Choose the desired / minimum and maximum capacity needed.

Desired capacity: Represents the initial capacity of the Auto Scaling group at the time of creation. An Auto Scaling group attempts to maintain the desired capacity.
Minimum capacity: Represents the minimum group size.An Auto Scaling group cannot decrease its desired capacity lower than the minimum size limit.
Maximum capacity: Represents the maximum group size.An Auto Scaling group cannot increase its desired capacity more than the mazximum size limit.

Step 7: ASG is launching an instance as per the config

Step 8: Monitor it
Navigate to the CW dashboard.

Under the Metrics → All metrics, we can see that memory utilization is getting collected.

Step 9: Create an Alarm

Create an alarm based on the memory used percent custom metric. For Notifications, choose the default SNS topic for Cloud Watch Alarms and enter your email id to get the notification in case of threshold breach.

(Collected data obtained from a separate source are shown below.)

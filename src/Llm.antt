-- ===== src/Llm.antt =====
-- internal/llm/providers.go: the settings of the language model providers, and the kinds of client.
pub mod Clients
pub mod Prompt
pub mod PlanPrompt
pub mod Breaker
use capacity_planning_operat.Prelude.{Bool, Option, if◌then◌else◌}
use capacity_planning_operat.Prelude.Int.{ℤ, pos, leb_ℤ}
use capacity_planning_operat.Prelude.Text.{Str, bytes, is_empty}

abbrev pub provider_disabled : Str
provider_disabled = bytes "disabled"

abbrev pub provider_open_ai : Str
provider_open_ai = bytes "openai"

abbrev pub provider_anthropic : Str
provider_anthropic = bytes "anthropic"

abbrev pub provider_fast_api : Str
provider_fast_api = bytes "fastapi"

abbrev pub provider_ollama : Str
provider_ollama = bytes "ollama"

abbrev pub default_timeout : ℤ
default_timeout = pos 15_000_000_000

abbrev pub default_max_tokens : ℤ
default_max_tokens = pos 256

abbrev pub default_cooldown : ℤ
default_cooldown = pos 60_000_000_000

abbrev pub default_failures : ℤ
default_failures = pos 3

pub record OpenAiConfig : Type 0 where
  pub api_key : Str
  pub base_url : Str

pub record AnthropicConfig : Type 0 where
  pub api_key : Str
  pub base_url : Str

pub record FastApiConfig : Type 0 where
  pub url : Str
  pub auth_token : Str
  pub tls_skip_verify : Bool
  pub health_url : Str
  pub failure_threshold : ℤ
  pub cooldown : ℤ

pub record OllamaConfig : Type 0 where
  pub url : Str

pub record ProviderConfig (F : Type 0) : Type 0 where
  pub provider : Str
  pub model : Str
  pub timeout : ℤ
  pub max_tokens : ℤ
  pub temperature : Option F
  pub open_ai : OpenAiConfig
  pub anthropic : AnthropicConfig
  pub fast_api : FastApiConfig
  pub ollama : OllamaConfig

abbrev pub or_when_not_positive : ℤ → ℤ → ℤ
or_when_not_positive n d = if leb_ℤ n (pos 0) then d else n

unfoldable pub normalize : {F : Type 0} → ProviderConfig F → ProviderConfig F
normalize c = record c {
  provider = if is_empty c.provider then provider_disabled else c.provider;
  timeout = or_when_not_positive c.timeout default_timeout;
  max_tokens = or_when_not_positive c.max_tokens default_max_tokens;
}
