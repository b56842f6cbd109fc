-- ===== src/Prelude/Fallible.antt =====
-- Go's pair of a value and an error, of which the caller looks at one: the value, or the text of the
-- error. In a `do` block the first error is the result, as in a function that returns it.
use capacity_planning_operat.Prelude.{Bool, true, false}
use capacity_planning_operat.Prelude.Text.{Str}

pub data Fallible {ℓ} (A : Type ℓ) : Type ℓ where
  ok : A → Fallible A
  err : Str → Fallible A

infixl 5 ◌>>=◌ ◌>>◌
abbrev pub ◌>>=◌ {ℓ κ} : {A : Type ℓ} {B : Type κ} → Fallible A → (A → Fallible B) → Fallible B
ok a >>= f = f a
err e >>= f = err e

abbrev pub ◌>>◌ {ℓ} : {B : Type ℓ} → Fallible (Unit {0}) → Fallible B → Fallible B
m >> k = m >>= λ _. k

-- `if bad { return fmt.Errorf(…) }`.
abbrev pub refuse : Bool → Str → Fallible (Unit {0})
refuse true e = err e
refuse false e = ok tt
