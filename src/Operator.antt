-- ===== src/Operator.antt =====
-- internal/operator/metrics.go: the series that the operator exports. A vector's series are keyed by
-- the metric's name and its label values; the registry itself is not under src/.
use capacity_planning_operat.Prelude.{
  ◌≡◌, refl, ap, ◌∙◌, ◌↔◌, Bool, true, false, ◌&&◌, List, [], ◌∷◌, Option, none, some, arith,
  if◌then◌else◌,
}
use capacity_planning_operat.Prelude.Float.{Float64, nought}
use capacity_planning_operat.Prelude.Text.{Str, bytes, str_eq, str_eq_iff}

pub data Kind : Type 0 where
  gauge counter histogram : Kind

pub record Metric : Type 0 where
  pub kind : Kind
  pub name : Str
  pub labels : List Str

abbrev pvc_labels : List Str
pvc_labels = bytes "namespace" ∷ bytes "pvc" ∷ []

abbrev model_labels : List Str
model_labels = bytes "provider" ∷ bytes "model" ∷ []

-- The vectors of the file, in its order.
abbrev pub metrics : List Metric
metrics =
    record { kind = gauge; name = bytes "capacityplan_pvc_usage_bytes"; labels = pvc_labels }
    ∷ record { kind = gauge; name = bytes "capacityplan_pvc_capacity_bytes"; labels = pvc_labels }
    ∷ record { kind = gauge; name = bytes "capacityplan_pvc_usage_ratio"; labels = pvc_labels }
    ∷ record {
      kind = gauge;
      name = bytes "capacityplan_pvc_growth_bytes_per_day";
      labels = pvc_labels;
    }
    ∷ record { kind = gauge; name = bytes "capacityplan_pvc_days_until_full"; labels = pvc_labels }
    ∷ record {
      kind = gauge;
      name = bytes "capacityplan_pvc_projected_full_timestamp_seconds";
      labels = pvc_labels;
    }
    ∷ record {
      kind = gauge;
      name = bytes "capacityplan_pvc_growth_acceleration";
      labels = pvc_labels;
    }
    ∷ record {
      kind = counter;
      name = bytes "capacityplan_pvc_risk_changes_total";
      labels = bytes "type" ∷ [];
    }
    ∷ record {
      kind = gauge;
      name = bytes "capacityplan_namespace_budget_days_to_breach";
      labels = bytes "namespace" ∷ [];
    }
    ∷ record {
      kind = gauge;
      name = bytes "capacityplan_workload_budget_days_to_breach";
      labels = bytes "namespace" ∷ bytes "kind" ∷ bytes "workload" ∷ [];
    }
    ∷ record {
      kind = gauge;
      name = bytes "capacityplan_pvc_anomaly";
      labels = bytes "namespace" ∷ bytes "pvc" ∷ bytes "type" ∷ [];
    }
    ∷ record {
      kind = counter;
      name = bytes "capacityplan_pvc_anomalies_total";
      labels = bytes "type" ∷ [];
    }
    ∷ record { kind = gauge; name = bytes "capacityplan_pvc_samples_count"; labels = pvc_labels }
    ∷ record {
      kind = counter;
      name = bytes "capacityplan_llm_requests_total";
      labels = model_labels;
    }
    ∷ record { kind = counter; name = bytes "capacityplan_llm_errors_total"; labels = model_labels }
    ∷ record {
      kind = counter;
      name = bytes "capacityplan_llm_timeouts_total";
      labels = model_labels;
    }
    ∷ record {
      kind = histogram;
      name = bytes "capacityplan_llm_latency_seconds";
      labels = model_labels;
    }
    ∷ []

-- The metric's name and the label values.
abbrev pub Key : Type 0
Key = List Str

unfoldable pub key_eq : Key → Key → Bool
key_eq [] [] = true
key_eq (a ∷ k) (b ∷ l) = str_eq a b && key_eq k l
key_eq _ _ = false

pub key_eq_iff : (k l : Key) → (key_eq k l ≡ true) ↔ (k ≡ l)
unfolding key_eq
key_eq_iff [] [] = ground arith
key_eq_iff [] (b ∷ l) = ground arith
key_eq_iff (a ∷ k) [] = ground arith
key_eq_iff (a ∷ k) (b ∷ l) = ground (arith, str_eq_iff a b, key_eq_iff k l)

-- What the operator exports: the value of each series that exists.
abbrev pub Series : Type 0 → Type 0
Series F = List (Key × F)

abbrev pub among : Key → List Key → Bool
among j [] = false
among j (k ∷ ks) = if key_eq k j then true else among j ks

module _ {F : Type 0} where
  pub value_of : Key → Series F → Option F
  value_of k [] = none
  value_of k ((j, v) ∷ m) = if key_eq j k then some v else value_of k m

  -- `WithLabelValues(…).Set(v)`.
  pub set_value : Key → F → Series F → Series F
  set_value k v [] = (k, v) ∷ []
  set_value k v ((j, w) ∷ m) = if key_eq j k then (j, v) ∷ m else (j, w) ∷ set_value k v m

  -- `DeleteLabelValues(…)`.
  pub delete_value : Key → Series F → Series F
  delete_value k [] = []
  delete_value k ((j, w) ∷ m) = if key_eq j k then delete_value k m else (j, w) ∷ delete_value k m

  pub value_of-set_value :
      (k j : Key) (v : F) (m : Series F)
      → value_of j (set_value k v m) ≡ (if key_eq k j then some v else value_of j m)
  unfolding value_of set_value
  value_of-set_value k j v [] = refl
  value_of-set_value k j v ((i, w) ∷ m) =
      ground (arith, key_eq_iff k j, key_eq_iff i k, key_eq_iff i j, value_of-set_value k j v m)

  pub value_of-delete_value :
      (k j : Key) (m : Series F)
      → value_of j (delete_value k m) ≡ (if key_eq k j then none else value_of j m)
  unfolding value_of delete_value
  value_of-delete_value k j [] = ground arith
  value_of-delete_value k j ((i, w) ∷ m) =
      ground (arith, key_eq_iff k j, key_eq_iff i k, key_eq_iff i j, value_of-delete_value k j m)

  -- The loops that delete a list of series.
  pub delete_values : List Key → Series F → Series F
  delete_values [] m = m
  delete_values (k ∷ ks) m = delete_values ks (delete_value k m)

  pub value_of-delete_values :
      (ks : List Key) (j : Key) (m : Series F)
      → value_of j (delete_values ks m) ≡ (if among j ks then none else value_of j m)
  unfolding delete_values
  value_of-delete_values [] j m = refl
  value_of-delete_values (k ∷ ks) j m =
      ground (arith, value_of-delete_values ks j (delete_value k m), value_of-delete_value k j m)

  -- `Reset()` drops every series of the metric.
  pub reset_metric : Str → Series F → Series F
  reset_metric name [] = []
  reset_metric name (([], w) ∷ m) = ([], w) ∷ reset_metric name m
  reset_metric name ((n ∷ ls, w) ∷ m) =
      if str_eq n name then reset_metric name m else (n ∷ ls, w) ∷ reset_metric name m

  -- `WithLabelValues(…).Inc()`.
  pub increment : ⦃float : Float64 F⦄ → Key → Series F → Series F
  increment ⦃float⦄ k m =
      let old : F = elim (value_of k m) [ some v ↦ v | none ↦ nought ] in
      set_value k (float.add old (float.lit 1 1)) m

-- Series of different metrics do not touch each other.
other_metric : (m n : Str) (k l : Key) → str_eq m n ≡ false → key_eq (m ∷ k) (n ∷ l) ≡ false
unfolding key_eq
other_metric m n k l h = ground (arith, h)

module _ {F : Type 0} (m n : Str) (l : Key) (differ : str_eq m n ≡ false) where
  pub value_of-set_other :
      (k : Key) (v : F) (s : Series F)
      → value_of (n ∷ l) (set_value (m ∷ k) v s) ≡ value_of (n ∷ l) s
  value_of-set_other k v s =
      value_of-set_value (m ∷ k) (n ∷ l) v s
      ∙ ap (λ b. if b then some v else value_of (n ∷ l) s) (other_metric m n k l differ)

  pub value_of-increment_other :
      ⦃float : Float64 F⦄ (k : Key) (s : Series F)
      → value_of (n ∷ l) (increment (m ∷ k) s) ≡ value_of (n ∷ l) s
  unfolding increment
  value_of-increment_other k s = value_of-set_other k _ s

  pub value_of-reset_metric :
      (s : Series F) → value_of (n ∷ l) (reset_metric m s) ≡ value_of (n ∷ l) s
  unfolding reset_metric value_of key_eq
  value_of-reset_metric [] = refl
  value_of-reset_metric (([], w) ∷ s) = value_of-reset_metric s
  value_of-reset_metric ((k ∷ ks, w) ∷ s) =
      ground
        (arith, differ, str_eq_iff k m, str_eq_iff m n, str_eq_iff k n, value_of-reset_metric s)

Step 10: Link ASG with Alarm
Navigate to the EC2 console and select the ASG from the Auto scaling groups and create a dynamic scaling policy for it.

Choose Step scaling and link the previously created Cloud Watch alarm.Define the action to take. Example :- Add 2 EC2 instances when memory percentage is greater than 50%. Sample given below.

Step 11: Stressing it out
Connect to the live instance with EC2 Instance Connect and run below command to generate the stress

sudo stress — cpu 8 — vm-bytes $(awk ‘/MemAvailable/{printf “%d\n”, $2 * 0.9;}’ < /proc/meminfo)k — vm-keep -m 1

Step 12: Wait for the Alarm
The load is slowly increasing and the graphed metrics for memory usage is indicating a spike.

The alarm state is changing from OK to Alarm.

An email message is received indicating an overflow.

Navigate to the EC2 dashboard and check for new instances.
Yes. the number of instances is increased to 3. ASG has launched 2 additional instances as per the auto scaling config because of the CW alarm.

Now stop the stress and observe the Cloud Watch Alarm. The status is changed from Alarm to OK.

Step 13: Clean up!
Now to clean up, if you stop the instances manually, ASG will again spin up new instances as per the desired capacity. Instead set the minimum and desired capacity in ASG as zero.